*** TASK INPUT ***
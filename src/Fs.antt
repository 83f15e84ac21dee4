-- ===== src/Fs.antt =====
-- fs.c: the file system. bread, log_write and brelse appear as reads and writes of the blocks that the
-- log shows, bytes by block and offset. `none` is a panic.
pub mod Bits
pub mod Bitmap
pub mod Scan
pub mod Taking
pub mod Owners
mod Tests
use xv6_fork.Prelude.{
  ℕ, zero, suc, ◌+◌, ◌-◌, ◌*◌, ◌/◌, ◌%◌, ◌^◌, Bool, true, false, not, ◌&&◌, ◌||◌, Option, none,
  some, List, [], ◌∷◌, if◌then◌else◌, ◌==◌, ltb, leb,
}

-- Bits in a block of the bitmap.
abbrev pub bpb : ℕ
bpb = 4096

-- The blocks, and the fields of the super block that are used.
pub record Fs : Type 0 where
  pub block : ℕ → ℕ → ℕ
  pub size : ℕ
  pub inodestart : ℕ
  pub bmapstart : ℕ

abbrev pub bblock : ℕ → Fs → ℕ
bblock b fs = b / bpb + fs.bmapstart

abbrev pub write_byte : (ℕ → ℕ → ℕ) → ℕ → ℕ → ℕ → ℕ → ℕ → ℕ
write_byte blocks k i v k' i' = if (k == k') && (i == i') then v else blocks k' i'

pub bzero : ℕ → Fs → Fs
bzero bno fs = record fs { block = λ k i. if (bno == k) && ltb i 512 then 0 else fs.block k i }

-- The bit of `m = 1 << (bi % 8)` in a byte.
abbrev pub has_bit : ℕ → ℕ → Bool
has_bit byte i = byte / 2 ^ i % 2 == 1

-- `(bp->data[bi/8] & m) != 0`, in the block of the bitmap for block `b`.
abbrev pub test_bit : ℕ → ℕ → Fs → Bool
test_bit b bi fs = has_bit (fs.block (bblock b fs) (bi / 8)) (bi % 8)

-- `bp->data[bi/8] |= m` where the bit is clear.
abbrev pub set_bit : ℕ → ℕ → Fs → Fs
set_bit b bi fs = record fs {
  block =
      write_byte fs.block (bblock b fs) (bi / 8) (fs.block (bblock b fs) (bi / 8) + 2 ^ (bi % 8));
}

-- `bp->data[bi/8] &= ~m` where the bit is set.
abbrev pub clear_bit : ℕ → ℕ → Fs → Fs
clear_bit b bi fs = record fs {
  block =
      write_byte fs.block (bblock b fs) (bi / 8) (fs.block (bblock b fs) (bi / 8) - 2 ^ (bi % 8));
}

-- The inner loop of balloc, `k` rounds from `bi` on.
pub scan_group : ℕ → ℕ → ℕ → Fs → Option ℕ
scan_group zero b bi fs = none
scan_group (suc k) b bi fs =
    let rest = scan_group k b (bi + 1) fs in
    if not (ltb (b + bi) fs.size) then none else (if not (test_bit b bi fs) then some bi else rest)

-- The outer loop of balloc, at most `g` rounds from `b` on: the group and the bit in it.
pub scan_groups : ℕ → ℕ → Fs → Option (ℕ × ℕ)
scan_groups zero b fs = none
scan_groups (suc g) b fs =
    let rest = scan_groups g (b + bpb) fs in
    if not (ltb b fs.size)
    then none
    else (elim (scan_group bpb b 0 fs) [ none ↦ rest | some bi ↦ some (b, bi) ])

pub balloc : Fs → Option (ℕ × Fs)
balloc fs = elim (scan_groups (fs.size / bpb + 1) 0 fs) [
  | none ↦ none
  | some (b, bi) ↦ some (b + bi, bzero (b + bi) (set_bit b bi fs))
]

pub bfree : ℕ → Fs → Option Fs
bfree b fs = if not (test_bit b (b % bpb) fs) then none else some (clear_bit b (b % bpb) fs)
*** End of TASK INPUT ***
--- TASK OBJECTIVE ---
Reply with exactly the lines from the one containing "pub bfree : ℕ → Fs → Option Fs" to the last line of the material, inclusive, and with nothing more.

--- TASK RESULT ---
pub bfree : ℕ → Fs → Option Fs
bfree b fs = if not (test_bit b (b % bpb) fs) then none else some (clear_bit b (b % bpb) fs)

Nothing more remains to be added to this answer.